Local student named ambassador in fight against childhood obesity

Local student named ambassador in fight against childhood obesity
Max Wilson (center with plaque) takes part in the “Distinguished Awards Ceremony” at Washington D.C. in June at the Wooly Mammoth Theater since he earned a seat as an ambassador following a nationwide search.  Courtesy photo

CARLSBAD — In an effort to find solutions to reverse childhood obesity, the Active Schools Acceleration Project championed a nationwide initiative called ChildObesity180. 

While choosing regional winning schools, which advocate innovative projects and activities to keep kids healthy, it also found 10 students to serve as ambassadors of its program.

Max Wilson, a running superstar and student at Carrillo Elementary School, took part in this nationwide selection and earned an ambassador seat. After all, Max has captured three national running championships wins.

Max served on a panel, offering feedback on video clips of the regional school winners and his ambassador experience peaked when attending the “Distinguished Awards Ceremony” at Washington, D.C., in June at the Wooly Mammoth Theater.

“Physical activity is extremely important to me and is a big part of my life,” said Max, 10. “I wanted to participate in this great opportunity to travel to Washington, D.C., help with the competition, and meet new people with similar interests.”

For ambassador consideration, the Active Schools Acceleration Project, or ASAP, put out a nationwide request for children between the ages 10 and 15 to submit an essay about their personal regard of physical activity and how it impacted the author.

After Max wrote his piece, his fourth-grade teacher, Nicole McClymonds, officially nominated him and submitted his essay in March.

“Max was an obvious candidate for this because of his accomplishments and character,” said McClymonds, adding that he is a tough worker who always puts his heart into everything he does.

McClymonds describes Max as a “straight A” student, talented athlete, and a leader among his peers. She said his humbleness is punctuated with each one of these qualities.

“He is quick to cheer on his peers and celebrate their accomplishments instead of bragging

about his own,” McClymonds said. She added, “His quiet, respectful and thoughtful nature, teamed with his work ethic, show the other children what is needed to be a true champion.”
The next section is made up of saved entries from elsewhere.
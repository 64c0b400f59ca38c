-- ===== src/Wire/Tests.antt =====
-- Binary frames of wire.go on concrete input.
use thalovant_go_sdk.Prelude.{
  ℕ, false, none, some, [], ◌∷◌, ◌++◌, ◌≡◌, refl, arith, ◌==◌, if◌then◌else◌,
}
use thalovant_go_sdk.Noise.{Bytes}
use thalovant_go_sdk.FrameBits.{ok, ◌>>=◌}
use thalovant_go_sdk.Wire.{Codecs, HiveMessage, encode_hive_binary_frame, decode_hive_binary_frame}
use thalovant_go_sdk.FrameBits.Bits.{bits, stream, padding}
use thalovant_go_sdk.FrameBits.Stream.{IsByte}
use thalovant_go_sdk.Wire.Frames.{version_bits, flag_bit, frame_bits}
use thalovant_go_sdk.Wire.RoundTrip.{IsWritten, as_read, decode-encode}

-- `{}`, and an object that says `{"a":1}`.
abbrev braces : Bytes
braces = 0x7b ∷ 0x7d ∷ []

abbrev one_field : Bytes
one_field = 0x7b ∷ 0x22 ∷ 0x61 ∷ 0x22 ∷ 0x3a ∷ 0x31 ∷ 0x7d ∷ []

abbrev codecs : Codecs ℕ
codecs = record {
  marshal = λ o. elim o [ [] ↦ some braces | _ ∷ _ ↦ some one_field ];
  unmarshal = λ bytes. elim bytes [
    | [] ↦ none
    | _ ∷ [] ↦ none
    | _ ∷ b ∷ _ ↦ if b == 0x7d then some (some []) else some (some (("a", 1) ∷ []))
  ];
  inflate = λ bytes. none;
  itoa = λ number. "?";
  text_of = λ v. none;
}

abbrev message : HiveMessage ℕ
message = record {
  msg_type = "handshake";
  payload = some (("a", 1) ∷ []);
  binary = none;
  metadata = none;
  route = [];
  node = none;
  target_site_id = none;
  target_pub_key = none;
  source_peer = none;
}

decode-encode_example :
    (encode_hive_binary_frame codecs message >>= decode_hive_binary_frame codecs)
    ≡ ok (as_read message)
unfolding IsWritten IsByte
decode-encode_example =
    decode-encode codecs message braces one_field (refl, refl, ground arith)
      (refl, refl, ground arith) (omega arith) refl

-- Four zeros of padding, and a clip of two bytes after four bits of payload type.
abbrev clip_frame : Bytes
clip_frame = 0x09 ∷ 0x80 ∷ 0x27 ∷ 0xb7 ∷ 0xd6 ∷ 0xab ∷ 0xcd ∷ []

clip_frame-bits :
    stream clip_frame ≡ frame_bits 4 none 12 false braces (bits 4 6 ++ stream (0xab ∷ 0xcd ∷ []))
unfolding stream bits frame_bits padding version_bits flag_bit
clip_frame-bits = refl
Max’s mother, Tina Wilson, said she was most excited about how proud her son was to be selected as ambassador.

“He was happy that ASAP could see how much physical activity means to him and how much he wants other kids to have similar opportunities,” Tina Wilson said. “Max brings a powerful perspective because he has been able to achieve a certain level of success that stems from the very type of school program that ASAP was seeking to recognize; if it weren’t for Max’s exposure to his school’s unique running program, he may not have discovered his passion for physical activity as early as he did.”

Tina Wilson wants people to know how grateful she is to ChildObesity180 for giving her son a unique opportunity, which included a visit to the nation’s capital and taking part in such an important cause.

Max’s mother also attended the awards ceremony calling it very exciting. ASAP visited the winning schools and filmed their activity programs for guests to view during the event.

“They were inspiring to watch and some even brought tears to my eyes,” she said. “Even though we were gathered to find out who the national winners were, it felt more like a celebration of the efforts of all of the passionate and dedicated individuals who daily give their time and effort into helping kids stay healthy everywhere.”

Max admits he was saddened by the fact that his school wasn’t one of the regional winners for its running program. But still, he had fun at the ceremony by welcoming guests and taking his seat in the front row.

“My favorite part was getting to present the big checks and awards to the regional and national winners on stage,” he said.